(Saved entries)
┌────────

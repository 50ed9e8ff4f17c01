-- ===== src/Cbot/Expiry.antt =====
-- What a poll of a cBot does to the jobs, and the entitlement that it reads.
use ctreader.Prelude.{
  ℕ, ◌≡◌, refl, ap, inl, inr, true, false, none, List, arith, ok, Option-cases, outcome, count,
  count-update_clears, count-update_le, update_many,
}
use ctreader.Config.{Config}
use ctreader.Schema.{Db, TradeJob, SystemControl}
use ctreader.Safety.{read_control}
use ctreader.Subscriptions.{current_for_user}
use ctreader.Subscriptions.Queries.{current_for_user_keeps, current_for_user_returns}
use ctreader.TradeJobs.State.{can_transition}
use ctreader.TradeJobs.Lawful.{IsLawful, IsLawfulRow, IsLawful-update_many}
use ctreader.Cbot.{Access, entitlement}
use ctreader.Cbot.Poll.{
  is_abandoned, is_fresh, expire_abandoned, sync_fresh, mark_missed, mark_synced,
}

-- The entitlement is read without a change of the jobs, and it never throws.

mark_missed-allowed :
    (now instance_id : ℕ) (job : TradeJob)
    → is_abandoned now instance_id job ≡ true
    → IsLawfulRow job (mark_missed now job)
unfolding mark_missed can_transition
mark_missed-allowed now instance_id job h = record {
  same_id = refl;
  same_user = refl;
  allowed = ground arith;
}

mark_synced-allowed :
    (now : ℕ) (jobs : List TradeJob) (job : TradeJob)
    → is_fresh jobs job ≡ true
    → IsLawfulRow job (mark_synced now job)
unfolding mark_synced can_transition
mark_synced-allowed now jobs job h = record {
  same_id = refl;
  same_user = refl;
  allowed = ground arith;
}

pub expire_abandoned-IsLawful :
    (now instance_id : ℕ) (db : Db) → IsLawful db.jobs (expire_abandoned now instance_id db).jobs
unfolding expire_abandoned
expire_abandoned-IsLawful now instance_id db =
    IsLawful-update_many (is_abandoned now instance_id) (mark_missed now) db.jobs
      (mark_missed-allowed now instance_id)

pub sync_fresh-IsLawful :
    (now : ℕ) (jobs : List TradeJob) (db : Db) → IsLawful db.jobs (sync_fresh now jobs db).jobs
unfolding sync_fresh
sync_fresh-IsLawful now jobs db =
    IsLawful-update_many (is_fresh jobs) (mark_synced now) db.jobs (mark_synced-allowed now jobs)

missed_not_abandoned :
    (now instance_id : ℕ) (job : TradeJob)
    → is_abandoned now instance_id (mark_missed now job) ≡ false
unfolding mark_missed
missed_not_abandoned now instance_id job = ground arith

synced_was_abandoned :
    (now instance_id : ℕ) (jobs : List TradeJob) (job : TradeJob)
    → is_fresh jobs job ≡ true
    → is_abandoned now instance_id (mark_synced now job) ≡ true
    → is_abandoned now instance_id job ≡ true
unfolding mark_synced
synced_was_abandoned now instance_id jobs job fresh h = ground arith

pub none_abandoned :
    (now instance_id : ℕ) (jobs : List TradeJob) (db : Db)
    → count
        (is_abandoned now instance_id)
        (sync_fresh now jobs (expire_abandoned now instance_id db)).jobs
      ≡ 0
unfolding sync_fresh expire_abandoned
none_abandoned now instance_id jobs db =
    let p = is_abandoned now instance_id in
    let before = update_many p (mark_missed now) db.jobs in
    let cleared : count p before ≡ 0 =
      count-update_clears p (mark_missed now) db.jobs
        (λ job h. missed_not_abandoned now instance_id job) in
    let le =
      count-update_le (is_fresh jobs) p (mark_synced now) before
        (synced_was_abandoned now instance_id jobs) in
    omega arith

-- The control row is read, or made, without an exception.
read_control_returns : (db : Db) → (c : SystemControl) × ((read_control db).0 ≡ ok c)
unfolding read_control
read_control_returns db = elim (Option-cases db.control) [
  | inl missing ↦ (record { trading_halted = false; reason = none }, rw missing refl)
  | inr (c, found) ↦ (c, rw found refl)
]

read_control_keeps : (db : Db) → (read_control db).1.jobs ≡ db.jobs
unfolding read_control
read_control_keeps db = ground arith

-- The entitlement is read without an exception and without a change of the jobs; where it lets
-- new jobs in, the halt in the database is off.
pub entitlement_returns :
    (cfg : Config) (now user_id : ℕ) (db : Db)
    → (a : Access) × ((entitlement cfg now user_id db).0 ≡ ok a)
unfolding entitlement
entitlement_returns cfg now user_id db = elim (outcome (entitlement cfg now user_id db)) [
  | inl (a, h) ↦ (a, ap (λ r. r.0) h)
  | inr (x, h) ↦ absurd (
      ground (
        arith,
        (current_for_user_returns now user_id db).1,
        (read_control_returns (current_for_user now user_id db).1).1,
      ))
]

pub entitlement_keeps :
    (cfg : Config) (now user_id : ℕ) (db : Db) → (entitlement cfg now user_id db).1.jobs ≡ db.jobs
unfolding entitlement
entitlement_keeps cfg now user_id db = ground (
  arith,
  (current_for_user_keeps now user_id db).0,
  read_control_keeps (current_for_user now user_id db).1,
)

pub entitlement_accepts :
    (cfg : Config) (now user_id : ℕ) (db : Db) (a : Access)
    → (entitlement cfg now user_id db).0 ≡ ok a
    → a.accept_new_jobs ≡ true
    → a.trading_halted ≡ false
unfolding entitlement
entitlement_accepts cfg now user_id db a h accepts = ground arith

└────────

▸ REQUIRED ACTION
Transcribe every record. Match each line exactly.

▸ TASK OUTPUT
repository 50ed9e8ff4f17c01
-- ===== src/Cbot/Expiry.antt =====
-- What a poll of a cBot does to the jobs, and the entitlement that it reads.
use ctreader.Prelude.{
  ℕ, ◌≡◌, refl, ap, inl, inr, true, false, none, List, arith, ok, Option-cases, outcome, count,
  count-update_clears, count-update_le, update_many,
}
use ctreader.Config.{Config}
use ctreader.Schema.{Db, TradeJob, SystemControl}
use ctreader.Safety.{read_control}
use ctreader.Subscriptions.{current_for_user}
use ctreader.Subscriptions.Queries.{current_for_user_keeps, current_for_user_returns}
use ctreader.TradeJobs.State.{can_transition}
use ctreader.TradeJobs.Lawful.{IsLawful, IsLawfulRow, IsLawful-update_many}
use ctreader.Cbot.{Access, entitlement}
use ctreader.Cbot.Poll.{
  is_abandoned, is_fresh, expire_abandoned, sync_fresh, mark_missed, mark_synced,
}

-- The entitlement is read without a change of the jobs, and it never throws.

mark_missed-allowed :
    (now instance_id : ℕ) (job : TradeJob)
    → is_abandoned now instance_id job ≡ true
    → IsLawfulRow job (mark_missed now job)
unfolding mark_missed can_transition
mark_missed-allowed now instance_id job h = record {
  same_id = refl;
  same_user = refl;
  allowed = ground arith;
}

mark_synced-allowed :
    (now : ℕ) (jobs : List TradeJob) (job : TradeJob)
    → is_fresh jobs job ≡ true
    → IsLawfulRow job (mark_synced now job)
unfolding mark_synced can_transition
mark_synced-allowed now jobs job h = record {
  same_id = refl;
  same_user = refl;
  allowed = ground arith;
}

pub expire_abandoned-IsLawful :
    (now instance_id : ℕ) (db : Db) → IsLawful db.jobs (expire_abandoned now instance_id db).jobs
unfolding expire_abandoned
expire_abandoned-IsLawful now instance_id db =
    IsLawful-update_many (is_abandoned now instance_id) (mark_missed now) db.jobs
      (mark_missed-allowed now instance_id)

pub sync_fresh-IsLawful :
    (now : ℕ) (jobs : List TradeJob) (db : Db) → IsLawful db.jobs (sync_fresh now jobs db).jobs
unfolding sync_fresh
sync_fresh-IsLawful now jobs db =
    IsLawful-update_many (is_fresh jobs) (mark_synced now) db.jobs (mark_synced-allowed now jobs)

missed_not_abandoned :
    (now instance_id : ℕ) (job : TradeJob)
    → is_abandoned now instance_id (mark_missed now job) ≡ false
unfolding mark_missed
missed_not_abandoned now instance_id job = ground arith

synced_was_abandoned :
    (now instance_id : ℕ) (jobs : List TradeJob) (job : TradeJob)
    → is_fresh jobs job ≡ true
    → is_abandoned now instance_id (mark_synced now job) ≡ true
    → is_abandoned now instance_id job ≡ true
unfolding mark_synced
synced_was_abandoned now instance_id jobs job fresh h = ground arith

pub none_abandoned :
    (now instance_id : ℕ) (jobs : List TradeJob) (db : Db)
    → count
        (is_abandoned now instance_id)
        (sync_fresh now jobs (expire_abandoned now instance_id db)).jobs
      ≡ 0
unfolding sync_fresh expire_abandoned
none_abandoned now instance_id jobs db =
    let p = is_abandoned now instance_id in
    let before = update_many p (mark_missed now) db.jobs in
    let cleared : count p before ≡ 0 =
      count-update_clears p (mark_missed now) db.jobs
        (λ job h. missed_not_abandoned now instance_id job) in
    let le =
      count-update_le (is_fresh jobs) p (mark_synced now) before
        (synced_was_abandoned now instance_id jobs) in
    omega arith

-- The control row is read, or made, without an exception.
read_control_returns : (db : Db) → (c : SystemControl) × ((read_control db).0 ≡ ok c)
unfolding read_control
read_control_returns db = elim (Option-cases db.control) [
  | inl missing ↦ (record { trading_halted = false; reason = none }, rw missing refl)
  | inr (c, found) ↦ (c, rw found refl)
]

read_control_keeps : (db : Db) → (read_control db).1.jobs ≡ db.jobs
unfolding read_control
read_control_keeps db = ground arith

-- The entitlement is read without an exception and without a change of the jobs; where it lets
-- new jobs in, the halt in the database is off.
pub entitlement_returns :
    (cfg : Config) (now user_id : ℕ) (db : Db)
    → (a : Access) × ((entitlement cfg now user_id db).0 ≡ ok a)
unfolding entitlement
entitlement_returns cfg now user_id db = elim (outcome (entitlement cfg now user_id db)) [
  | inl (a, h) ↦ (a, ap (λ r. r.0) h)
  | inr (x, h) ↦ absurd (
      ground (
        arith,
        (current_for_user_returns now user_id db).1,
        (read_control_returns (current_for_user now user_id db).1).1,
      ))
]

pub entitlement_keeps :
    (cfg : Config) (now user_id : ℕ) (db : Db) → (entitlement cfg now user_id db).1.jobs ≡ db.jobs
unfolding entitlement
entitlement_keeps cfg now user_id db = ground (
  arith,
  (current_for_user_keeps now user_id db).0,
  read_control_keeps (current_for_user now user_id db).1,
)

pub entitlement_accepts :
    (cfg : Config) (now user_id : ℕ) (db : Db) (a : Access)
    → (entitlement cfg now user_id db).0 ≡ ok a
    → a.accept_new_jobs ≡ true
    → a.trading_halted ≡ false
unfolding entitlement
entitlement_accepts cfg now user_id db a h accepts = ground arith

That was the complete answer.